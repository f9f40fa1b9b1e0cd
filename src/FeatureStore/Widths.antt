-- ===== src/FeatureStore/Widths.antt =====
-- src/enrichment/redis_feature_store.cpp: the features that a lookup returns fit the types of their
-- members, whatever Redis replies.
use ml_distributed_fraud_eng.Common.{
  ℕ, ◌-◌, ◌^◌, ◌≤◌, ◌<◌, Bool, true, false, List, [], ◌∷◌, Option, none, some, arith, if◌then◌else◌,
}
use ml_distributed_fraud_eng.Messages.{UserFeatures, default_features}
use ml_distributed_fraud_eng.Chars.{from_chars, positive_value, negative_value, digit_run}
use ml_distributed_fraud_eng.FeatureStore.{
  Redis, Reply, Field, field_of, assign, parse_reply, range, missing, is_miss, Store, Lookup,
  returns, throws, undefined, or_undefined, features_of, get_with, get_from, get_features,
}

-- An int or a float is a pattern of 32 bits, an int64_t one of 64.
abbrev pub Fits : UserFeatures → Type 0
Fits u =
    (u.tx_count_30d < 2 ^ 32)
    × (u.avg_amount_30d < 2 ^ 32)
    × (u.last_tx_ts < 2 ^ 64)
    × (u.risk_score < 2 ^ 32)

-- std::from_chars to a float leaves a float, where there was one.
abbrev pub KeepsFloats : Redis → Type 0
KeepsFloats redis =
    (val : List ℕ) (old : ℕ) → old < 2 ^ 32 → redis.float_from_chars val old < 2 ^ 32

module _ (w : ℕ) (half : 2 ^ (w - 1) ≤ 2 ^ w) (some_ : 0 < 2 ^ w) where
  positive_value-lt : (ds : List ℕ) (old : ℕ) → old < 2 ^ w → positive_value w ds old < 2 ^ w
  unfolding positive_value
  positive_value-lt [] old h = h
  positive_value-lt (c ∷ cs) old h = ground arith

  negative_value-lt : (ds : List ℕ) (old : ℕ) → old < 2 ^ w → negative_value w ds old < 2 ^ w
  unfolding negative_value
  negative_value-lt [] old h = h
  negative_value-lt (c ∷ cs) old h = ground arith

  pub from_chars-lt : (val : List ℕ) (old : ℕ) → old < 2 ^ w → from_chars w val old < 2 ^ w
  unfolding from_chars
  from_chars-lt [] old h = h
  from_chars-lt (c ∷ cs) old h =
      ground (
        arith,
        negative_value-lt (digit_run cs) old h,
        positive_value-lt (digit_run (c ∷ cs)) old h,
      )

-- What holds of the value of an option, or of a lookup that returns.
abbrev IfSome : (UserFeatures → Type 0) → Option UserFeatures → Type 0
IfSome P none = Unit
IfSome P (some u) = P u

abbrev pub Returns : (UserFeatures → Type 0) → Lookup UserFeatures → Type 0
Returns P (returns u) = P u
Returns P throws = Unit
Returns P undefined = Unit

module _ (redis : Redis) (floats : KeepsFloats redis) where
  assign-Fits : (f : Field) (val : List ℕ) (u : UserFeatures) → Fits u → Fits (assign redis f val u)
  unfolding assign
  assign-Fits Field.tx_count_30d val u (count, average, last, risk) =
      (from_chars-lt 32 (omega arith) (omega arith) val u.tx_count_30d count, average, last, risk)
  assign-Fits Field.avg_amount_30d val u (count, average, last, risk) =
      (count, floats val u.avg_amount_30d average, last, risk)
  assign-Fits Field.countries_30d val u h = h
  assign-Fits Field.last_tx_ts val u (count, average, last, risk) =
      (count, average, from_chars-lt 64 (omega arith) (omega arith) val u.last_tx_ts last, risk)
  assign-Fits Field.risk_score val u (count, average, last, risk) =
      (count, average, last, floats val u.risk_score risk)
  assign-Fits Field.unknown val u h = h

  parse_reply-Fits :
      (es : List (Option (List ℕ))) (u : UserFeatures)
      → Fits u
      → IfSome Fits (parse_reply redis es u)
  unfolding parse_reply
  parse_reply-Fits [] u h = h
  parse_reply-Fits (name ∷ []) u h = tt
  parse_reply-Fits (none ∷ val ∷ rest) u h = tt
  parse_reply-Fits (some name ∷ val ∷ rest) u h =
      parse_reply-Fits rest (assign redis (field_of name) (range val) u)
        (assign-Fits (field_of name) (range val) u h)

  default_Fits : Fits default_features
  default_Fits = omega arith

  if-Fits :
      (b : Bool) (o : Option UserFeatures)
      → IfSome Fits o
      → IfSome Fits (if b then some missing else o)
  if-Fits true o h = default_Fits
  if-Fits false o h = h

  features_of-Fits : (r : Reply) → IfSome Fits (features_of redis r)
  unfolding features_of
  features_of-Fits r =
      if-Fits (is_miss r) _ (parse_reply-Fits r.element default_features default_Fits)

  or_undefined-Returns : (o : Option UserFeatures) → IfSome Fits o → Returns Fits (or_undefined o)
  or_undefined-Returns none h = tt
  or_undefined-Returns (some u) h = h

  get_with-Fits : (ctx : ℕ) (o : Option Reply) (s : Store) → Returns Fits (get_with redis ctx o s).0
  unfolding get_with
  get_with-Fits ctx none s = tt
  get_with-Fits ctx (some r) s = or_undefined-Returns _ (features_of-Fits r)

  get_from-Fits :
      (q : Option ℕ × Store) (user_id : List ℕ) → Returns Fits (get_from redis q user_id).0
  unfolding get_from
  get_from-Fits (none, s) user_id = default_Fits
  get_from-Fits (some ctx, s) user_id = get_with-Fits ctx _ s

  -- Whatever Redis replies, with what std::from_chars to a float leaves a float: the features that a
  -- lookup returns fit the types of their members, the two integers that are read from text included.
  pub get_features-Fits :
      (user_id : List ℕ) (s : Store) → Returns Fits (get_features redis user_id s).0
  unfolding get_features
  get_features-Fits user_id s = get_from-Fits _ user_id
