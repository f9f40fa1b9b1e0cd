-- ===== src/HelloKafka.antt =====
-- src/hello_kafka.cpp: the program that sends one message to a broker. What librdkafka answers is a
-- parameter; what is asked of it is a list of calls.
pub mod Outcome
mod Tests
use ml_distributed_fraud_eng.Common.{ℕ, Bool, List, [], ◌∷◌, ◌++◌, Option, none, some}
use ml_distributed_fraud_eng.Text.{codes}

-- The answers: of `rd_kafka_new` the text that it leaves in `errstr`, or `none` where it succeeds; of the
-- others whether they succeed.
pub record Broker : Type 0 where
  pub conf_set : Bool
  pub new : Option (List ℕ)
  pub producev : Bool
  pub flush : Bool

pub data Call : Type 0 where
  conf_new : Call
  conf_set : List ℕ → List ℕ → Call
  new_producer : Call
  producev : List ℕ → List ℕ → Call
  flush : ℕ → Call
  destroy : Call

-- What it does: its calls, what it prints to stderr and to stdout, and its status.
pub record Run : Type 0 where
  pub calls : List Call
  pub stderr : List ℕ
  pub stdout : List ℕ
  pub status : ℕ

abbrev pub newline : List ℕ
newline = 10 ∷ []

-- "Message delivered — toolchain works.", the dash in UTF-8.
abbrev pub delivered : List ℕ
delivered =
    codes "Message delivered " ++ (0xE2 ∷ 0x80 ∷ 0x94 ∷ codes " toolchain works.") ++ newline

-- Behind `rd_kafka_new`; the first two calls come before it.
after_new : Option (List ℕ) → List Call → Run
after_new (some errstr) calls = record {
  calls = calls;
  stderr = codes "Failed: " ++ errstr ++ newline;
  stdout = [];
  status = 1;
}
after_new none calls = record {
  calls = calls ++ producev (codes "hello-topic") (codes "hello kafka") ∷ flush 3000 ∷ destroy ∷ [];
  stderr = [];
  stdout = delivered;
  status = 0;
}

unfoldable pub main : Broker → Run
unfolding after_new
main broker =
    after_new broker.new
      (conf_new ∷ conf_set (codes "bootstrap.servers") (codes "localhost:9092") ∷ new_producer ∷ [])
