-- ===== src/HelloKafka/Outcome.antt =====
-- src/hello_kafka.cpp: what the program says of the delivery.
use ml_distributed_fraud_eng.Common.{◌≡◌, ◌↔◌, refl, none, some, Option, List, ℕ}
use ml_distributed_fraud_eng.HelloKafka.{Broker, Call, after_new, main, delivered}

after_new-delivered :
    (o : Option (List ℕ)) (calls : List Call)
    → ((after_new o calls).status ≡ 0) × ((after_new o calls).stdout ≡ delivered) ↔ (o ≡ none)
unfolding after_new
after_new-delivered none calls = (λ h. refl, λ e. (refl, refl))
after_new-delivered (some errstr) calls = (λ h. cc, λ e. cc)

-- The program says that the message is delivered and ends with status 0 exactly if there is a producer:
-- a broker that refuses the setting, the message or the flush makes no difference.
pub main-delivered :
    (broker : Broker)
    → ((main broker).status ≡ 0) × ((main broker).stdout ≡ delivered) ↔ (broker.new ≡ none)
unfolding main
main-delivered broker = after_new-delivered broker.new _
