-- ===== src/HelloKafka/Tests.antt =====
-- src/hello_kafka.cpp: a message that no broker takes.
use ml_distributed_fraud_eng.Common.{◌≡◌, refl, false, true, none}
use ml_distributed_fraud_eng.HelloKafka.{Broker, main, delivered}

abbrev nobody : Broker
nobody = record { conf_set = true; new = none; producev = false; flush = false }

main-nobody : (main nobody).stdout ≡ delivered
unfolding main
main-nobody = refl
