-- ===== src/KafkaConsumer.antt =====
-- src/consumer/kafka_consumer.h and src/consumer/kafka_consumer.cpp: the consumer. librdkafka and the
-- parser of Protocol buffers are parameters; what the consumer asks of librdkafka is a list of actions.
pub mod Loop
pub mod Offsets
pub mod Restart
pub mod Setup
mod Tests
use ml_distributed_fraud_eng.Common.{
  ℕ, ◌+◌, Bool, true, false, List, [], ◌∷◌, ◌++◌, Option, none, some, if◌then◌else◌,
}
use ml_distributed_fraud_eng.Messages.{Transaction}

-- `rd_kafka_message_t`: its offset, which names it, and its payload.
pub record Message : Type 0 where
  pub offset : ℕ
  pub payload : List ℕ

-- What the loop does with librdkafka and the handler, in order. A call of the handler comes with whether
-- it returned or threw.
pub data Action : Type 0 where
  poll : Option Message → Action
  handle : Transaction → Bool → Action
  commit destroy : ℕ → Action

-- One turn of the loop: whether `stop` was called since the last test of `running_` (or since it was set,
-- for the first turn), and if the loop goes on, what the poll returns and whether the handler would return
-- (and not throw).
pub record Turn : Type 0 where
  pub polled : Option Message
  pub handler_returns : Bool
  pub stop_called : Bool

-- The consumer's own state.
pub record KafkaConsumer : Type 0 where
  pub running : Bool

abbrev pub stop : KafkaConsumer → KafkaConsumer
stop c = record c { running = false }

-- How `start` leaves the loop within some turns: it returns, the handler's exception passes through, or
-- the turns are over.
pub data Exit : Type 0 where
  returned thrown polling : Exit

-- How the body of the loop ends.
pub data Ended : Type 0 where
  goes_on threw : Ended

-- Behind the call of the handler, if it returned, and if its exception passes through.
after_handler : Message → Bool → List Action × Ended
after_handler msg true = (commit msg.offset ∷ destroy msg.offset ∷ [], goes_on)
after_handler msg false = (destroy msg.offset ∷ [], threw)

module _ (parse : List ℕ → Option Transaction) where
  -- After parsing; the guard destroys the message at the end of the scope, in each case.
  unfoldable pub body_of : Message → Bool → Option Transaction → List Action × Ended
  unfolding after_handler
  body_of msg ok none = (poll (some msg) ∷ destroy msg.offset ∷ [], goes_on)
  body_of msg ok (some tx) =
      let (rest, ended) = after_handler msg ok in (poll (some msg) ∷ handle tx ok ∷ rest, ended)

  unfoldable pub body : Option Message → Bool → List Action × Ended
  unfolding body_of
  body none ok = (poll none ∷ [], goes_on)
  body (some msg) ok = body_of msg ok (parse msg.payload)

  -- After the body, with the turns that follow.
  unfoldable pub next_turn :
      List Action
      → Ended
      → List Action × Exit × KafkaConsumer
      → KafkaConsumer
      → List Action × Exit × KafkaConsumer
  next_turn acts threw rest c = (acts, thrown, c)
  next_turn acts goes_on (later, exit, c') c = (acts ++ later, exit, c')

  -- The `while` loop, and the turns that may come. Each begins with the test of `running_`.
  unfoldable pub loop : KafkaConsumer → List Turn → List Action × Exit × KafkaConsumer
  unfolding next_turn
  loop c [] = ([], polling, c)
  loop c (t ∷ ts) =
      let c' = if t.stop_called then stop c else c in
      let rest = loop c' ts in
      let (acts, ended) = body t.polled t.handler_returns in
      if c'.running then next_turn acts ended rest c' else ([], returned, c')

  unfoldable pub start : KafkaConsumer → List Turn → List Action × Exit × KafkaConsumer
  unfolding loop
  start c turns = loop (record c { running = true }) turns

-- `rebalance_cb`: the error codes that it tells apart, and what it asks of librdkafka.
pub data RespErr : Type 0 where
  assign_partitions revoke_partitions other : RespErr

pub data Rebalance : Type 0 where
  assign : List ℕ → Rebalance
  commit_partitions : List ℕ → Rebalance
  assign_none : Rebalance

unfoldable pub rebalance_cb : RespErr → List ℕ → List Rebalance
rebalance_cb assign_partitions partitions = assign partitions ∷ []
rebalance_cb revoke_partitions partitions = commit_partitions partitions ∷ assign_none ∷ []
rebalance_cb other partitions = assign_none ∷ []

§ Task details: From the listing above, repeat exactly the lines starting at the line that includes "-- src/hello_kafka.cpp: what" and ending at the line that includes "pub data Action : Type 0 where", with nothing outside that span.

§ Solution for this problem:
-- src/hello_kafka.cpp: what the program says of the delivery.
use ml_distributed_fraud_eng.Common.{◌≡◌, ◌↔◌, refl, none, some, Option, List, ℕ}
use ml_distributed_fraud_eng.HelloKafka.{Broker, Call, after_new, main, delivered}

after_new-delivered :
    (o : Option (List ℕ)) (calls : List Call)
    → ((after_new o calls).status ≡ 0) × ((after_new o calls).stdout ≡ delivered) ↔ (o ≡ none)
unfolding after_new
after_new-delivered none calls = (λ h. refl, λ e. (refl, refl))
after_new-delivered (some errstr) calls = (λ h. cc, λ e. cc)

-- The program says that the message is delivered and ends with status 0 exactly if there is a producer:
-- a broker that refuses the setting, the message or the flush makes no difference.
pub main-delivered :
    (broker : Broker)
    → ((main broker).status ≡ 0) × ((main broker).stdout ≡ delivered) ↔ (broker.new ≡ none)
unfolding main
main-delivered broker = after_new-delivered broker.new _
-- ===== src/HelloKafka/Tests.antt =====
-- src/hello_kafka.cpp: a message that no broker takes.
use ml_distributed_fraud_eng.Common.{◌≡◌, refl, false, true, none}
use ml_distributed_fraud_eng.HelloKafka.{Broker, main, delivered}

abbrev nobody : Broker
nobody = record { conf_set = true; new = none; producev = false; flush = false }

main-nobody : (main nobody).stdout ≡ delivered
unfolding main
main-nobody = refl
-- ===== src/KafkaConsumer.antt =====
-- src/consumer/kafka_consumer.h and src/consumer/kafka_consumer.cpp: the consumer. librdkafka and the
-- parser of Protocol buffers are parameters; what the consumer asks of librdkafka is a list of actions.
pub mod Loop
pub mod Offsets
pub mod Restart
pub mod Setup
mod Tests
use ml_distributed_fraud_eng.Common.{
  ℕ, ◌+◌, Bool, true, false, List, [], ◌∷◌, ◌++◌, Option, none, some, if◌then◌else◌,
}
use ml_distributed_fraud_eng.Messages.{Transaction}

-- `rd_kafka_message_t`: its offset, which names it, and its payload.
pub record Message : Type 0 where
  pub offset : ℕ
  pub payload : List ℕ

-- What the loop does with librdkafka and the handler, in order. A call of the handler comes with whether
-- it returned or threw.
pub data Action : Type 0 where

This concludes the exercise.